We have recently seen extensive use of techniques such as stochastic frontier analysis (SFA) and data envelopment analysis (DEA) in the performance evaluation of banking and financial institutions (Avkiran & Cai, 2014; Hammami et al., 2022; Kallel & Triki, 2022); although traditional ratio analysis (RA), especially ones based on the CAMELS rating system (Adam et al., 2021; Ben Lahouel et al., 2022), still shows its usefulness in measuring bank performance and stability. Each approach has its pros and cons, and the integration of several methods has the potential to combine advantages while minimizing weaknesses.

Specifically, RA is simple, popular, and has predictive ability, but it fails to capture the multidimensional performance of the firms/banks (Paradi & Zhu, 2013). Other studies based on both DEA and RA (Halkos & Salamouris, 2004; Avkiran, 2011; Ben Lahouel et al., 2022) can examine the multidimensional perspective but are limited to the relative measurement of DEA, such that adding or removing data to the sample requires the measures to be recalculated. In this paper, we employed an MCDA technique to create an absolute measure of (Shannon’s entropy) composite performance index (CPI) that can still evaluate the multidimensional performance and stability of Vietnamese banks (2002‒2020). The use of rich data allows us to examine the financial stability of the Vietnamese banking sector over time for individual banks and different bank groups. Specifically, the CPI suggests that Vietnamese banks had experienced three major periods regarding their stability: a decline period (2002–2005), a recovery and improvement period (2006–2015), and a sharp decreasing period (2016–2019) with a slight hope in 2020, although COVID‒19 may ruin it. More importantly, we found that the JSCBs are more financially stable than the SOCBs, consistent with prior evidence on banking sectors in developing countries. Our findings also help explain the strengths and weaknesses of Vietnamese banks during those periods, suggesting that to improve their performance and stability, banks in Vietnam should pay more attention to management quality, asset quality, and risk management.
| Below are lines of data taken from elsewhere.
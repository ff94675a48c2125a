-- ===== src/Storage/Iterators/Filters.antt =====
-- The filtered iterator gives the items that pass, and its loops end.
use kengen.Base.{
  ℕ, zero, suc, ◌<◌, ◌≡◌, refl, ◌∙◌, ap, Bool, none, some, List, [], ◌∷◌, length, filter,
  Bool-cases, inl, inr, arith,
}
use kengen.Storage.Iterators.Ops.{IteratorOps}
use kengen.Storage.Iterators.Wrap.{filtered_next, filtered_head}
use kengen.Storage.Iterators.Streams.{Yields, Peeks, first, rest, List-cases}

module _ {I T E : Type 0} (ops : IteratorOps I T E) (contents : I → List T) (keep : T → Bool) where
  -- If its iterator gives the items of a list, `Next` of the filtered iterator ends within a round more than these,
  -- gives the first item that passes, or that there is none, and leaves the items that pass behind it.
  -- The context is not done.
  pub filtered_next-filter :
      Yields ops.next contents
      → (n : ℕ) (s : I) → length (contents s) < n
      → (s' : I) × (filtered_next ops keep n none s ≡ some (first (filter keep (contents s)), s'))
        × (filter keep (contents s') ≡ rest (filter keep (contents s)))
  unfolding filtered_next
  filtered_next-filter y zero s h = absurd (omega (arith, h))
  filtered_next-filter y (suc n) s h = elim (List-cases (contents s)) [
    | inl e ↦
        let k : contents (ops.next none s).1 ≡ [] = (y s).1 ∙ ap rest e in
        ((ops.next none s).1, rw (filtered_next, (y s).0, e) refl, rw (k, e) refl)
    | inr (x, xs, e) ↦
        let k : contents (ops.next none s).1 ≡ xs = (y s).1 ∙ ap rest e in
        let (s', i, j) =
          filtered_next-filter y n (ops.next none s).1
            (omega (arith, h, ap length k, ap length e)) in
        elim (Bool-cases (keep x)) [
          | inl t ↦ ((ops.next none s).1, rw (filtered_next, (y s).0, e, t) refl, rw (k, e, t) refl)
          | inr t ↦ (
            s',
            rw (filtered_next, (y s).0, e, t) (i ∙ ap (λ z. some (first (filter keep z), s')) k),
            rw (e, t) (j ∙ ap (λ z. rest (filter keep z)) k),
          )
        ]
  ]

  -- If its iterator gives the items of a list, `Head` of the filtered iterator ends within a round more than these,
  -- gives the first item that passes, or that there is none, and leaves all the items that pass.
  -- The context is not done.
  pub filtered_head-filter :
      Yields ops.next contents
      → Peeks ops.head contents
      → (n : ℕ) (s : I) → length (contents s) < n
      → (s' : I) × (filtered_head ops keep n none s ≡ some (first (filter keep (contents s)), s'))
        × (filter keep (contents s') ≡ filter keep (contents s))
  unfolding filtered_head
  filtered_head-filter y p zero s h = absurd (omega (arith, h))
  filtered_head-filter y p (suc n) s h = elim (List-cases (contents s)) [
    | inl e ↦ ((ops.head none s).1, rw (filtered_head, (p s).0, e) refl, rw ((p s).1, e) refl)
    | inr (x, xs, e) ↦
        let s1 : I = (ops.head none s).1 in
        let k1 : contents s1 ≡ x ∷ xs = (p s).1 ∙ e in
        let k2 : contents (ops.next none s1).1 ≡ xs = (y s1).1 ∙ ap rest k1 in
        let (s', i, j) =
          filtered_head-filter y p n (ops.next none s1).1
            (omega (arith, h, ap length k2, ap length e)) in
        elim (Bool-cases (keep x)) [
          | inl t ↦ (s1, rw (filtered_head, (p s).0, e, t) refl, rw (k1, e, t) refl)
          | inr t ↦ (
            s',
            rw (filtered_head, (p s).0, e, t, (y s1).0, k1)
                (i ∙ ap (λ z. some (first (filter keep z), s')) k2),
            rw (e, t) (j ∙ ap (filter keep) k2),
          )
        ]
  ]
Our results are robust and consistent with the CAMELS ratings and z-scores; thus, the CPI could be used to measure bank stability in future bankruptcy or survival analyses.
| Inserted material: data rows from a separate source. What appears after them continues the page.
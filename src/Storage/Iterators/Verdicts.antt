-- ===== src/Storage/Iterators/Verdicts.antt =====
-- What `Next` of the conditions iterator gives: the tuples whose condition holds, and an error only where there is
-- none.
use kengen.Base.{
  ℕ, zero, suc, ◌<◌, ◌≡◌, refl, sym, subst, ◌∙◌, ap, Bool, true, false, ◌||◌, Option, none, some,
  List, [], ◌∷◌, length, filter, any, if◌then◌else◌, inl, inr, arith,
}
use kengen.Storage.Iterators.Ops.{Next, IteratorOps}
use kengen.Storage.Iterators.Conditions.{
  Tested, ConditionsFiltered, conditions_end, conditions_next,
}
use kengen.Storage.Iterators.Streams.{Yields, rest}
use kengen.Storage.Iterators.Answer.{
  holds, conditions_answer, error_left, note, first_or, ending, last_failure, filter-true,
  Tested-cases,
}

module _ {I T E : Type 0} (ops : IteratorOps I T E) (contents : I → List T)
    (test : T → Tested E) where
  -- What `Next` gives and leaves in a state whose iterator has the items `xs`.
  abbrev pub Answered :
      List T → ConditionsFiltered I E → Option (Next T E × ConditionsFiltered I E) → Type 0
  Answered xs s r =
      (s' : ConditionsFiltered I E) × (r
        ≡ some (conditions_answer test xs s.once_valid s.last_error, s'))
      × (filter (holds test) (contents s'.iter) ≡ rest (filter (holds test) xs))
      × (s'.once_valid ≡ (s.once_valid || any (holds test) xs))
      × (s'.last_error ≡ error_left test xs s.once_valid s.last_error)
      × (s'.stopped ≡ s.stopped)

  ended :
      (it : I) (last : Option E) (valid stopped : Bool)
      → contents it ≡ []
      → let s : ConditionsFiltered I E = record {
        iter = it;
        last_error = last;
        once_valid = valid;
        stopped = stopped;
      } in
        Answered [] s (some (conditions_end ops test true s))
  unfolding conditions_end
  ended it last true stopped e = (_, refl, ap (filter (holds test)) e, refl, refl, refl)
  ended it none false stopped e = (_, refl, ap (filter (holds test)) e, refl, refl, refl)
  ended it (some f) false stopped e = (_, refl, ap (filter (holds test)) e, refl, refl, refl)

  -- A tuple whose condition does not hold makes no difference but for the error that is noted.
  skipped :
      (x : T) (xs : List T) (last : Option E) (s : ConditionsFiltered I E)
      (r : Option (Next T E × ConditionsFiltered I E))
      → holds test x ≡ false
      → note test (test x) last ≡ s.last_error
      → Answered xs s r
      → Answered (x ∷ xs) (record s { last_error = last }) r
  skipped x xs last s r bad noted (s', a, b, c, d, st) =
      let same : filter (holds test) (x ∷ xs) ≡ filter (holds test) xs = rw bad refl in
      let failed : last_failure test (x ∷ xs) last ≡ last_failure test xs s.last_error =
        rw (bad, noted) refl in
      (
        s',
        a
            ∙ sym (
                ap (λ z. some (z, s'))
                  (ap (λ z. first_or z (ending s.once_valid (last_failure test (x ∷ xs) last))) same
                    ∙ ap (λ z. first_or (filter (holds test) xs) (ending s.once_valid z)) failed)),
        b ∙ sym (ap rest same),
        c ∙ rw bad refl,
        d
            ∙ sym (
                ap (λ z. if any (holds test) (x ∷ xs) || s.once_valid then z else none) failed
                ∙ rw bad refl),
        st,
      )

  next_on :
      Yields ops.next contents
      → (n : ℕ) (xs : List T) (s : ConditionsFiltered I E) → contents s.iter ≡ xs
      → length xs < n
      → Answered xs s (conditions_next ops test n none s)
  unfolding conditions_next conditions_end
  next_on y zero xs s e h = absurd (omega (arith, h))
  next_on y (suc n) [] s e h =
      let it = (ops.next none s.iter).1 in
      rw (conditions_next, (y s.iter).0, e)
        (ended it s.last_error s.once_valid s.stopped ((y s.iter).1 ∙ ap rest e))
  next_on y (suc n) (x ∷ xs) s e h =
      let s1 : ConditionsFiltered I E = record s { iter = (ops.next none s.iter).1 } in
      let k : contents s1.iter ≡ xs = (y s.iter).1 ∙ ap rest e in
      elim (Tested-cases (test x)) [
        | inl t ↦
            let good : holds test x ≡ true = rw (holds, t) refl in
            rw (conditions_next, (y s.iter).0, e, t)
              (
                record s1 { once_valid = true },
                rw (filter-true test x xs s.once_valid s.last_error t) refl,
                rw (filter-true test x xs s.once_valid s.last_error t) (ap (filter (holds test)) k),
                ground (arith, good),
                ground (arith, good),
                refl,
              )
        | inr (inl t) ↦
            let bad : holds test x ≡ false = rw (holds, t) refl in
            let step : conditions_next ops test (suc n) none s
                ≡ conditions_next ops test n none s1 =
              rw (conditions_next, (y s.iter).0, e, t) refl in
            subst (Answered (x ∷ xs) s) (sym step) (
              skipped x xs s.last_error s1 (conditions_next ops test n none s1) bad
                (rw (note, t) refl) (next_on y n xs s1 k (omega (arith, h))))
        | inr (inr (f, t)) ↦
            let s2 : ConditionsFiltered I E = record s1 { last_error = some f } in
            let bad : holds test x ≡ false = rw (holds, t) refl in
            let step : conditions_next ops test (suc n) none s
                ≡ conditions_next ops test n none s2 =
              rw (conditions_next, (y s.iter).0, e, t) refl in
            subst (Answered (x ∷ xs) s) (sym step) (
              skipped x xs s.last_error s2 (conditions_next ops test n none s2) bad
                (rw (note, t) refl) (next_on y n xs s2 k (omega (arith, h))))
      ]

  -- If its iterator gives the items of a list, `Next` of the conditions iterator ends within a round more than these.
  -- It gives the first tuple whose condition holds and leaves those that hold behind it. If there is none it gives
  -- `ErrIteratorDone` where a tuple was given before or no condition failed with an error, else the last error. It notes
  -- that a tuple was given where it gives one or one was given before, and the last error unless it returns it.
  -- The context is not done.
  pub conditions_next-answer :
      Yields ops.next contents
      → (n : ℕ) (s : ConditionsFiltered I E) → length (contents s.iter) < n
      → Answered (contents s.iter) s (conditions_next ops test n none s)
  conditions_next-answer y n s h = next_on y n (contents s.iter) s refl h
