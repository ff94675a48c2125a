-- ===== src/Storage/Iterators/Heads.antt =====
-- What `Head` of the conditions iterator gives.
use kengen.Base.{
  ℕ, zero, suc, ◌<◌, ◌≡◌, refl, sym, ◌∙◌, ap, true, false, none, some, List, ◌∷◌, length, filter,
  inl, inr, arith,
}
use kengen.Storage.Iterators.Ops.{item, IteratorOps}
use kengen.Storage.Iterators.Conditions.{
  Tested, ConditionsFiltered, conditions_end, conditions_head,
}
use kengen.Storage.Iterators.Streams.{Yields, Peeks, rest, List-cases}
use kengen.Storage.Iterators.Answer.{
  holds, conditions_answer, filter-false, filter-error, answer_true, answer_false, answer_error,
  Tested-cases, conditions_end_lem,
}

module _ {I T E : Type 0} (ops : IteratorOps I T E) (contents : I → List T)
    (test : T → Tested E) where
  -- If its iterator gives the items of a list, `Head` of the conditions iterator ends within a round more than these,
  -- gives what `Next` would, and leaves all the tuples whose condition holds.
  -- The context is not done.
  pub conditions_head-answer :
      Yields ops.next contents
      → Peeks ops.head contents
      → (n : ℕ) (s : ConditionsFiltered I E) → length (contents s.iter) < n
      → (s' : ConditionsFiltered I E) × (conditions_head ops test n none s
          ≡ some (conditions_answer test (contents s.iter) s.once_valid s.last_error, s'))
        × (filter (holds test) (contents s'.iter) ≡ filter (holds test) (contents s.iter))
  unfolding conditions_head conditions_end
  conditions_head-answer y p zero s h = absurd (omega (arith, h))
  conditions_head-answer y p (suc n) s h =
      let s0 : I = (ops.head none s.iter).1 in
      let s1 : ConditionsFiltered I E = record s { iter = s0 } in
      elim (List-cases (contents s.iter)) [
        | inl e ↦
            let k : filter (holds test) (contents s0) ≡ filter (holds test) (contents s.iter) =
              ap (filter (holds test)) (p s.iter).1 in
            let (s', i, j) = conditions_end_lem ops test false s1 in
            (
              s',
              rw (conditions_head, (p s.iter).0, e) (ap some i),
              ap (λ z. filter (holds test) (contents z)) j ∙ k,
            )
        | inr (x, xs, e) ↦
            let k1 : contents s0 ≡ x ∷ xs = (p s.iter).1 ∙ e in
            let k : contents (ops.next none s0).1 ≡ xs = (y s0).1 ∙ ap rest k1 in
            let less : length (contents (ops.next none s0).1) < n =
              omega (arith, h, ap length k, ap length e) in
            elim (Tested-cases (test x)) [
              | inl t ↦
                  let s' : ConditionsFiltered I E = record s1 { once_valid = true } in
                  let step : conditions_head ops test (suc n) none s ≡ some (item x, s') =
                    rw (conditions_head, (p s.iter).0, e, t) refl in
                  (
                    s',
                    step
                        ∙ ap (λ z. some (z, s'))
                            (sym (answer_true test x xs s.once_valid s.last_error t)
                              ∙ ap (λ z. conditions_answer test z s.once_valid s.last_error)
                                  (sym e)),
                    ap (filter (holds test)) (p s.iter).1,
                  )
              | inr (inl t) ↦
                  let s2 : ConditionsFiltered I E = record s { iter = (ops.next none s0).1 } in
                  let (s', i, j) = conditions_head-answer y p n s2 less in
                  let step : conditions_head ops test (suc n) none s
                      ≡ conditions_head ops test n none s2 =
                    rw (conditions_head, (p s.iter).0, e, t, (y s0).0, k1) refl in
                  (
                    s',
                    step
                        ∙ i
                        ∙ ap (λ z. some (conditions_answer test z s.once_valid s.last_error, s')) k
                        ∙ ap (λ z. some (z, s'))
                            (sym (answer_false test x xs s.once_valid s.last_error t)
                              ∙ ap (λ z. conditions_answer test z s.once_valid s.last_error)
                                  (sym e)),
                    rw (e, filter-false test x xs s.once_valid s.last_error t)
                        (j ∙ ap (filter (holds test)) k),
                  )
              | inr (inr (f, t)) ↦
                  let s2 : ConditionsFiltered I E = record s {
                    iter = (ops.next none s0).1;
                    last_error = some f;
                  } in
                  let (s', i, j) = conditions_head-answer y p n s2 less in
                  let step : conditions_head ops test (suc n) none s
                      ≡ conditions_head ops test n none s2 =
                    rw (conditions_head, (p s.iter).0, e, t, (y s0).0, k1) refl in
                  (
                    s',
                    step
                        ∙ i
                        ∙ ap (λ z. some (conditions_answer test z s.once_valid (some f), s')) k
                        ∙ ap (λ z. some (z, s'))
                            (sym (answer_error test x xs s.once_valid s.last_error f t)
                              ∙ ap (λ z. conditions_answer test z s.once_valid s.last_error)
                                  (sym e)),
                    rw (e, filter-error test x xs s.once_valid s.last_error f t)
                        (j ∙ ap (filter (holds test)) k),
                  )
            ]
      ]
Our CPI has several promising characteristics of (i) being an absolute measure of performance that allows for adding or removing data without affecting the existing scores; (ii) employing CAMELS ratios directly in its calculation without the need for normalization or imputation of positive values; (iii) employing the dynamic weighting system of DEA goal programming; (iv) providing more robust insights on the Vietnamese banking system under the Shannon entropy approach; and (v) can be an alternative measure of bank stability. It is, however, possible to extend our research to more weight settings such as cross-efficiency (Sexton et al., 1986), geometric BOD (Van Puyenbroeck & Rogge, 2017), or common sets of weights (Hammami et al., 2022). Other research directions may include more data and variables, examine the impacts of important events such as COVID-19, or apply other entropies such as Boltzmann-Gibbs (Dragulescu & Yakovenko, 2000) or Rényi (Aczél, 2006).